This is all well and good. However, now I wish to add the ability to ORDER BY any column retrieved from the MySQL query (sorting by hyperlink, ascending or descending on click in the browser). When I had a MySQL database field dedicated to casns, I could have simply used "*SELECT * FROM comp_mem_ddr3 ORDER BY $orderby*" for the MySQL query and then set the *$orderby* variable via hyperlink. Now that there is no casns field as it is calculated later, what would be the best way to get the sorting I desire?

I have a feeling this will involve arrays....

Assistance would be much appreciated; will be happy to "thank" anyone who contributes.


----------



## parelem (Jun 8, 2010)

you can create a calculated field in the mysql query itself, so you can use the casns as any other output field. 

ie  

"SELECT ROUND(1/chiprate*cl*2000, 1) as CASNS, cl, chiprate FROM comp_mem_ddr3 ORDER BY $orderby"

that will output the calculated casns, cl, and chiprate and order by whatever the $orderby value is


----------



## TIGR (Jun 8, 2010)

parelem said:


> you can create a calculated field in the mysql query itself, so you can use the casns as any other output field.
> 
> ie
> 
> ...



Thank you!

Edit: how can I do this while still pulling other columns from the MySQL query? I have other columns for memory brand, model, product link, etc. and want to be able to sort by any of them in addition to the casns, cl, and chiprate ones.


----------



## parelem (Jun 8, 2010)

i'm going to guess on this, but you might be able to do 

"select *, ROUND(1/chiprate*cl*2000, 1) as CASNS FROM comp_mem_ddr3 ORDER BY $orderby"

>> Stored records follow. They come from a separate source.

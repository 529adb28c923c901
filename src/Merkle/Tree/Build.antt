-- ===== src/Merkle/Tree/Build.antt =====
-- The tree that `buildMerkleTreeFromSnapshot` of src/kvsrv/merkle.go builds of a sector whose number
-- of buckets is a power of two.
use dynamo_kvsrv_pbs.Prelude.{
  ℕ, zero, suc, ◌+◌, ◌*◌, ◌^◌, ◌≤◌, ◌<◌, ◌≡◌, refl, sym, ◌∙◌, ap, String, List, [], ◌∷◌, ◌++◌, map,
  length, some, Bytes, arith, All, string_eq,
}
use mathlib.Core.Path.{subst}
use mathlib.Core.List.{append_assoc, append-nil}
use native.Mathlib.Numerals.{unary_clauses}
use dynamo_kvsrv_pbs.GoMap.{get_or}
use dynamo_kvsrv_pbs.Merkle.Tree.{
  MerkleNode, leaf_input, SectorSnapshot, make_merkle_leaf_from_snapshot,
  make_merkle_internal_node_from_snapshot, make_leaves, upper_nodes, build_levels,
  build_merkle_tree_from_snapshot,
}
use dynamo_kvsrv_pbs.Merkle.Diff.Collide.{HasSize}
use dynamo_kvsrv_pbs.Merkle.Tree.LevelOrder.{
  leaf_hashes, all_leaf_hashes, IsFull, full_leaf, full_inner,
}

power_suc : (d : ℕ) → 2 ^ suc d ≡ 2 ^ d * 2
power_suc d = simp unary_clauses (omega arith)

power_pos : (d : ℕ) → 1 ≤ 2 ^ d
power_pos zero = omega arith
power_pos (suc d) = omega (arith, power_suc d, power_pos d)

lt_power : (d : ℕ) → d < 2 ^ d
lt_power zero = omega arith
lt_power (suc d) = omega (arith, power_suc d, lt_power d)

-- The digest of a bucket in a snapshot.
abbrev pub bucket_hash : (Bytes → Bytes) → SectorSnapshot → List String → Bytes
bucket_hash sha256 snap keys = sha256 (leaf_input (λ key. get_or snap.siblings key []) keys)

module _ (sha256 : Bytes → Bytes) (size : HasSize sha256) where
  make_leaves-IsFull :
      (sector bucket : ℕ) (buckets : List (List String)) (snap : SectorSnapshot)
      → All (IsFull sha256 0) (make_leaves sha256 sector bucket buckets snap)
        × (length (make_leaves sha256 sector bucket buckets snap) ≡ length buckets)
        × (all_leaf_hashes (make_leaves sha256 sector bucket buckets snap)
            ≡ map (bucket_hash sha256 snap) buckets)
  unfolding make_leaves make_merkle_leaf_from_snapshot
  make_leaves-IsFull sector bucket [] snap = (tt, refl, refl)
  make_leaves-IsFull sector bucket (keys ∷ buckets) snap =
      let r = make_leaves-IsFull sector (bucket + 1) buckets snap in
      (
        (full_leaf sector bucket _ (size _), r.0),
        omega (arith, r.1),
        ap (bucket_hash sha256 snap keys ∷◌) r.2,
      )

  upper_nodes-IsFull :
      (n h : ℕ) (ts : List MerkleNode)
      → length ts ≡ n * 2
      → All (IsFull sha256 h) ts
      → All (IsFull sha256 (suc h)) (upper_nodes sha256 ts)
        × (length (upper_nodes sha256 ts) ≡ n)
        × (all_leaf_hashes (upper_nodes sha256 ts) ≡ all_leaf_hashes ts)
  unfolding upper_nodes make_merkle_internal_node_from_snapshot
  upper_nodes-IsFull zero h [] e f = (tt, refl, refl)
  upper_nodes-IsFull zero h (t ∷ ts) e f = absurd (omega (arith, e))
  upper_nodes-IsFull (suc n) h [] e f = absurd (omega (arith, e))
  upper_nodes-IsFull (suc n) h (t ∷ []) e f = absurd (omega (arith, e))
  upper_nodes-IsFull (suc n) h (t ∷ u ∷ ts) e f =
      let r = upper_nodes-IsFull n h ts (omega (arith, e)) f.1.1 in
      (
        (full_inner h _ _ t u _ (size _) refl f.0 f.1.0, r.0),
        omega (arith, r.1),
        ap (leaf_hashes t ++ leaf_hashes u ++◌) r.2
            ∙ append_assoc (leaf_hashes t) (leaf_hashes u) (all_leaf_hashes ts),
      )

  build_levels-IsFull :
      (d fuel h : ℕ) (ts : List MerkleNode)
      → length ts ≡ 2 ^ d
      → d ≤ fuel
      → All (IsFull sha256 h) ts
      → (root : MerkleNode) × (build_levels sha256 fuel ts ≡ some root)
        × IsFull sha256 (d + h) root
        × (leaf_hashes root ≡ all_leaf_hashes ts)
  unfolding build_levels
  build_levels-IsFull d fuel h [] e l f = absurd (omega (arith, e, power_pos d))
  build_levels-IsFull zero fuel h (t ∷ []) e l f =
      let height : h ≡ 0 + h = omega arith in
      (t, refl, subst (λ n. IsFull sha256 n t) height f.0, sym (append-nil (leaf_hashes t)))
  build_levels-IsFull zero fuel h (t ∷ u ∷ ts) e l f = absurd (omega (arith, e))
  build_levels-IsFull (suc d) fuel h (t ∷ []) e l f =
      absurd (omega (arith, e, power_suc d, power_pos d))
  build_levels-IsFull (suc d) zero h (t ∷ u ∷ ts) e l f = absurd (omega (arith, l))
  build_levels-IsFull (suc d) (suc fuel) h (t ∷ u ∷ ts) e l f =
      let up = upper_nodes-IsFull (2 ^ d) h (t ∷ u ∷ ts) (omega (arith, e, power_suc d)) f in
      let (root, k, full, leaves) =
        build_levels-IsFull d fuel (suc h) (upper_nodes sha256 (t ∷ u ∷ ts)) up.1 (omega (arith, l))
          up.0 in
      let height : d + suc h ≡ suc d + h = omega arith in
      (root, k, subst (λ n. IsFull sha256 n root) height full, leaves ∙ up.2)

-- Of a snapshot whose number of buckets is a power of two, buildMerkleTreeFromSnapshot returns a full
-- tree with a leaf for each bucket, in order, whose hash is the digest of the bucket's versions.
pub build_merkle_tree-IsFull :
    (sha256 : Bytes → Bytes) (d sector : ℕ) (snap : SectorSnapshot)
    → HasSize sha256
    → length snap.keys_per_bucket ≡ 2 ^ d
    → (root : MerkleNode) × (build_merkle_tree_from_snapshot sha256 sector snap ≡ some root)
      × IsFull sha256 d root
      × (leaf_hashes root ≡ map (bucket_hash sha256 snap) snap.keys_per_bucket)
unfolding build_merkle_tree_from_snapshot
build_merkle_tree-IsFull sha256 d sector snap size e =
    let (full, n, leaves) = make_leaves-IsFull sha256 size sector 0 snap.keys_per_bucket snap in
    let (root, k, f, l) =
      build_levels-IsFull sha256 size d (length snap.keys_per_bucket) 0
        (make_leaves sha256 sector 0 snap.keys_per_bucket snap) (n ∙ e)
        (omega (arith, e, lt_power d)) full in
    let height : d + 0 ≡ d = omega arith in
    (root, k, subst (λ n. IsFull sha256 n root) height f, l ∙ leaves)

i've never tried like that but it may work, otherwise you would just list the other fields separated by a comma

"SELECT ROUND(1/chiprate*cl*2000, 1) as CASNS, cl, chiprate, brand, model, link FROM comp_mem_ddr3 ORDER BY $orderby"


----------



## TIGR (Jun 8, 2010)

parelem said:


> i'm going to guess on this, but you might be able to do
> 
> "select *, ROUND(1/chiprate*cl*2000, 1) as CASNS FROM comp_mem_ddr3 ORDER BY $orderby"
> 
> ...



 I'm an idiot. Haha thank again. Will let you know if the first option works.


----------



## FordGT90Concept (Jun 8, 2010)

Warning: it is not advised to plug hyperlink text directly into a query.  Make sure to validate the input first so you don't get any SQL injections.


----------



## TIGR (Jun 9, 2010)

FordGT90Concept said:


> Warning: it is not advised to plug hyperlink text directly into a query.  Make sure to validate the input first so you don't get any SQL injections.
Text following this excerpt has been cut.